Lehman era stata una delle banche d’affari più impegnate nel creare e vendere titoli sulla base dei mutui subprime (quelli concessi ai clienti meno affidabili): obbligazioni le cui cedole e rimborso del capitale dipendevano dal pagamento delle rate. Con i prezzi del mattone in calo e una marea di debiti diventati «cattivi», il valore di quei titoli aveva cominciato a crollare nel 2007 e altre banche attive in quel business si erano affrettate a cercare di liquidare i titoli «spazzatura» e a ripulire i propri bilanci, o addirittura avevano fatto soldi – come Goldman Sachs – scommettendo sul loro crollo. Invece Fuld aveva insistito nel puntare su quegli investimenti fino a far fallire la storica banca, fondata in Alabama nel 1850 dai tre fratelli Lehman.
«Credo di non aver capito la violenza del mercato e come il contagio della crisi travolgeva settore dopo settore», è l’unica ammissione di Fuld, che per il resto getta tutta la colpa del crac sul governo americano – promotore delle «case per tutti», anche per chi non poteva permettersele —, sulle autorità incapaci di regolare il mercato e sui consumatori irresponsabili nell’indebitarsi. Lui dalla crisi è uscito non male. Secondo stime accreditate, fra il 2000 e il 2007 aveva guadagnato oltre 500 milioni di dollari; nel 2009 ha venduto il suo appartamento su Park Avenue a Manhattan per 25,9 milioni di dollari, ma possiede ancora una mega-villa a Greenwich, Connecticut e due case a Sun Valley, Idaho e a Jupiter Island, Florida. Inoltre ha una sua società di consulenza, Matrix advisors, creata nel marzo 2009, con 11 dipendenti a tempo pieno e aziende medio-piccole come clienti.
E gli altri?
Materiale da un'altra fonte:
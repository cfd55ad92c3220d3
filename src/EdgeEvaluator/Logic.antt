-- ===== src/EdgeEvaluator/Logic.antt =====
-- edge_evaluator.py: flat chains of `and` and `or`, against the conjunction or disjunction of the
-- truth values of the operands.
use agent_orchestration_core.Common.{
  String, ◌≡◌, refl, ◌∙◌, Bool, ◌&&◌, ◌||◌, Option, none, some, List, [], ◌∷◌, map, Result, ok, err,
  ◌>>=◌,
}
use agent_orchestration_core.Value.{Value, bool, str, arr, Items, nil, cons, truthy}
use agent_orchestration_core.EdgeEvaluator.Paths.{PythonObjects}
use agent_orchestration_core.EdgeEvaluator.Operators.{
  Operator, operator_named, apply, CustomFunction, function_named,
}
use agent_orchestration_core.EdgeEvaluator.{Node, binary, chain, eval_shape, eval_list, eval, nodes}

pub data Connective : Type 0 where
  conjunction disjunction : Connective

abbrev pub word : Connective → String
word conjunction = "and"
word disjunction = "or"

abbrev pub combine : Connective → Bool → Bool → Bool
combine conjunction a b = a && b
combine disjunction a b = a || b

-- the rest of the list that the grammar makes of `x and y and ...`
abbrev pub operands : Connective → List Value → Items
operands c [] = nil
operands c (y ∷ ys) = cons (str (word c)) (cons y (operands c ys))

-- The operands from left to right: the first exception wins, else the truth values are combined.
abbrev pub fold_truth : Connective → Bool → List (Result Value) → Result Bool
fold_truth c b [] = ok b
fold_truth c b (r ∷ rs) = do v ← r; fold_truth c (combine c b (truthy v)) rs

abbrev pub as_value : Result Bool → Result Value
as_value r = do b ← r; ok (bool b)

abbrev pub head_function : Value → Option CustomFunction
head_function (str s) = function_named s
head_function _ = none

abbrev connective_operator : Connective → Operator
connective_operator conjunction = Operator.both
connective_operator disjunction = Operator.either

operator_named-word : (c : Connective) → operator_named (word c) ≡ some (connective_operator c)
unfolding operator_named
operator_named-word conjunction = refl
operator_named-word disjunction = refl

module _ (h : PythonObjects) (context : Value) where
  abbrev value_of : Value → Result Value
  value_of = eval h context

  chain_step :
      (c : Connective) (v y : Value) (r : Result Value) (n : List Node)
      → chain v ((str (word c), ok (str (word c))) ∷ (y, r) ∷ n)
        ≡ (r >>= λ w. chain (bool (combine c (truthy v) (truthy w))) n)
  unfolding chain
  chain_step conjunction v y (ok w) n = rw (operator_named-word conjunction)
  chain_step conjunction v y (err e) n = refl
  chain_step disjunction v y (ok w) n = rw (operator_named-word disjunction)
  chain_step disjunction v y (err e) n = refl

  bind_chain :
      (c : Connective) (v : Value) (r : Result Value) (rs : List (Result Value)) (n : List Node)
      → ((b : Bool) → chain (bool b) n ≡ as_value (fold_truth c b rs))
      → (r >>= λ w. chain (bool (combine c (truthy v) (truthy w))) n)
        ≡ as_value (fold_truth c (truthy v) (r ∷ rs))
  bind_chain c v (ok w) rs n ih = ih (combine c (truthy v) (truthy w))
  bind_chain c v (err e) rs n ih = refl

  chain-operands :
      (c : Connective) (b : Bool) (ys : List Value)
      → chain (bool b) (nodes h context (operands c ys))
        ≡ as_value (fold_truth c b (map value_of ys))
  unfolding eval chain truthy
  chain-operands c b [] = refl
  chain-operands c b (y ∷ ys) =
      chain_step c (bool b) y (value_of y) (nodes h context (operands c ys))
      ∙ bind_chain c (bool b) (value_of y) (map value_of ys) (nodes h context (operands c ys))
          (λ b'. chain-operands c b' ys)

  binary-connective :
      (c : Connective) (v : Value) (left right : Result Value)
      → left ≡ ok v
      → binary h (str (word c)) left right ≡ as_value (fold_truth c (truthy v) (right ∷ []))
  unfolding binary apply
  binary-connective conjunction v left (ok w) e = rw (e, operator_named-word conjunction)
  binary-connective conjunction v left (err x) e = rw e
  binary-connective disjunction v left (ok w) e = rw (e, operator_named-word disjunction)
  binary-connective disjunction v left (err x) e = rw e

  -- past the test for a function's name
  pub eval_list-shape :
      (x : Value) (r : Result Value) (n : List Node)
      → head_function x ≡ none
      → eval_list h ((x, r) ∷ n) ≡ eval_shape h ((x, r) ∷ n)
  unfolding eval_list
  eval_list-shape (str s) r n e = rw (e, eval_list)
  eval_list-shape _ r n e = refl

  shape-operands :
      (c : Connective) (x y : Value) (v : Value) (ys : List Value)
      → value_of x ≡ ok v
      → eval_shape h (nodes h context (cons x (operands c (y ∷ ys))))
        ≡ as_value (fold_truth c (truthy v) (map value_of (y ∷ ys)))
  unfolding eval_shape eval
  shape-operands c x y v [] e = binary-connective c v (value_of x) (value_of y) e
  shape-operands c x y v (z ∷ ys) e = rw e (
      chain_step c v y (value_of y) (nodes h context (operands c (z ∷ ys)))
      ∙ bind_chain c v (value_of y) (map value_of (z ∷ ys)) (nodes h context (operands c (z ∷ ys)))
          (λ b'. chain-operands c b' (z ∷ ys)))

  -- The condition `x and y and ...`, or `x or y or ...`, flat and of any length from two, whose
  -- first operand has the value `v` and is not a text that names a function, evaluates as its
  -- operands do from left to right: to the first exception, else to the conjunction, or the
  -- disjunction, of their truth values. No operand is skipped.
  pub eval-connected :
      (c : Connective) (x y v : Value) (ys : List Value)
      → head_function x ≡ none
      → eval h context x ≡ ok v
      → eval h context (arr (cons x (operands c (y ∷ ys))))
        ≡ as_value (fold_truth c (truthy v) (map (eval h context) (y ∷ ys)))
  unfolding eval
  eval-connected c x y v ys named e =
      eval_list-shape x (value_of x) (nodes h context (operands c (y ∷ ys))) named
      ∙ shape-operands c x y v ys e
Il novantenne Greenberg sta ricreando un suo gruppo assicurativo e lottando nei tribunali contro l’ex procuratore generale Eliot Spitzer che l’aveva incriminato – con un’inchiesta penale finita nel nulla – e contro il governo Usa che, dice, l’hanno derubato della sua creatura Aig. Solo John Thain, ceo di Merrill Lynch nel 2008, è ancora al top di una banca, il Cit group. Il resto dei finanzieri caduti nel 2008 sta alla larga da Wall Street e dai riflettori dei media (vedi il grafico), godendosi pensioni d’oro.